I swapped the EMG 81 in the bridge position for the 60 I had in the neck (came stock like that in my guitar) so I recorded it to show people that the 81 isn't the be all and end all for EMG's. Overall I'm loving the 60, more crunch, clearer chords, snappier lead tone and more mids.

Here's a clip

SoundClick artist: Fallen Atlas - page with MP3 music downloads


First is the 60 then it's the 81. Let me know what you think.


----------



## PirateMetalTroy (Aug 9, 2010)

O_O

You're shitting me. I don't really like the tone, but the 60 definitely sounded a lot better to my ears. I might have to try this out. I actually just swapped my pups in my main to 81/81, and 60/85 in the backup. Now I'm gonna have to try the 60 in the bridge of one of my guitars and see how it sounds through my rig.


----------



## Guitarman700 (Aug 9, 2010)

Yes! Great choice!
The Other EMG combo I Like Is 85 Bridge/ 60 neck.
I NEVER liked the 81 as a bridge pickup, not enough mids for me.


----------



## maliciousteve (Aug 9, 2010)

I used the Toneport GX and quickly threw something together so this isn't a tone I usually go for but you can tell the difference all the same. Maybe I should go about DI'ing my JVM and see how that sounds.


----------



## leandroab (Aug 9, 2010)

I heard NO difference at all ahhah


----------



## beneharris (Aug 9, 2010)

leandroab said:


> I heard NO difference at all ahhah


oh its definitely there. i may think about trying to get ahold of a 60-7 and trying this out!


----------



## BMU (Aug 10, 2010)

Good post.
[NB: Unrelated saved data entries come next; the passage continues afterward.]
-- ===== src/Gossip.antt =====
-- internal/gossip/directory.go: the directory of the nodes that were heard of. A time is a number.
pub mod Offline
use custom_consensus.Base.{
  ℕ, ◌+◌, Bool, not, ◌&&◌, ◌||◌, Option, none, some, List, [], ◌∷◌, map, Text, text_eq, text_lt,
  Map, put, is_empty, ltb, if◌then◌else◌,
}
use custom_consensus.Base.Int.{ℤ, pos, negsuc}

pub record NodeInfo : Type 0 where
  pub node_id : Text
  pub status : Text
  pub last_seen : ℕ

pub record NodeDirectory : Type 0 where
  pub ttl : ℤ
  pub nodes : Map NodeInfo

pub record NodeStatusMsg : Type 0 where
  pub node_id : Text
  pub status : Text

-- `offline` and `online`
abbrev pub offline : Text
offline = 111 ∷ 102 ∷ 102 ∷ 108 ∷ 105 ∷ 110 ∷ 101 ∷ []

abbrev pub online : Text
online = 111 ∷ 110 ∷ 108 ∷ 105 ∷ 110 ∷ 101 ∷ []

-- `NewNodeDirectory`
unfoldable pub new_node_directory : ℤ → NodeDirectory
new_node_directory ttl = record { ttl = ttl; nodes = [] }

-- `Mark`
unfoldable pub mark : NodeDirectory → Text → Text → ℕ → NodeDirectory
mark d node_id status now = record d {
  nodes = put node_id (record { node_id = node_id; status = status; last_seen = now }) d.nodes;
}

unfoldable pub swept_info : ℕ → ℕ → NodeInfo → NodeInfo
swept_info ttl now info =
    if ltb (info.last_seen + ttl) now && not (text_eq info.status offline)
    then record info { status = offline; last_seen = now }
    else info

-- The loop of `Sweep`.
unfoldable pub sweep_nodes : ℕ → ℕ → Map NodeInfo → Map NodeInfo
sweep_nodes ttl now [] = []
sweep_nodes ttl now ((k, info) ∷ m) = (k, swept_info ttl now info) ∷ sweep_nodes ttl now m

unfoldable pub sweep_for : NodeDirectory → ℤ → ℕ → NodeDirectory
sweep_for d (negsuc n) now = d
sweep_for d (pos ttl) now =
    if ltb 0 ttl then record d { nodes = sweep_nodes ttl now d.nodes } else d

-- `Sweep`
unfoldable pub sweep_directory : NodeDirectory → ℕ → NodeDirectory
sweep_directory d now = sweep_for d d.ttl now

-- The order of `List`.
unfoldable pub info_before : NodeInfo → NodeInfo → Bool
info_before a b =
    if text_eq a.status b.status then text_lt a.node_id b.node_id else text_lt a.status b.status

unfoldable pub insert_info : NodeInfo → List NodeInfo → List NodeInfo
insert_info a [] = a ∷ []
insert_info a (b ∷ bs) =
    let rest = insert_info a bs in if info_before b a then b ∷ rest else a ∷ b ∷ bs

unfoldable pub sort_infos : List NodeInfo → List NodeInfo
sort_infos [] = []
sort_infos (a ∷ xs) = insert_info a (sort_infos xs)

-- `List`
unfoldable pub list_nodes : NodeDirectory → List NodeInfo
list_nodes d = sort_infos (map (λ e. e.1) d.nodes)

-- The goroutine of `StartNodeDirectory` for a message; `none` is one that does not decode.
unfoldable pub receive_status : NodeDirectory → Option NodeStatusMsg → ℕ → NodeDirectory
receive_status d none now = d
receive_status d (some m) now =
    if is_empty m.node_id || is_empty m.status then d else mark d m.node_id m.status now

-- `StartNodeDirectory`, before its goroutines run.
unfoldable pub start_node_directory : Text → ℤ → ℕ → NodeDirectory
start_node_directory own ttl now = mark (new_node_directory ttl) own online now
I prefer the 81's. Slightly fuller, more modern sound. 60s sound more vintage-ish which I detest (lol.) But the difference is very small, the effect of amp settings, eq in the mix would be much greater imo.


----------



## Wolfster (Aug 11, 2010)

I prefer the 81, sounds warmer and fuller imo


----------



## Scar Symmetry (Aug 11, 2010)

Yeah I can hear no difference either


----------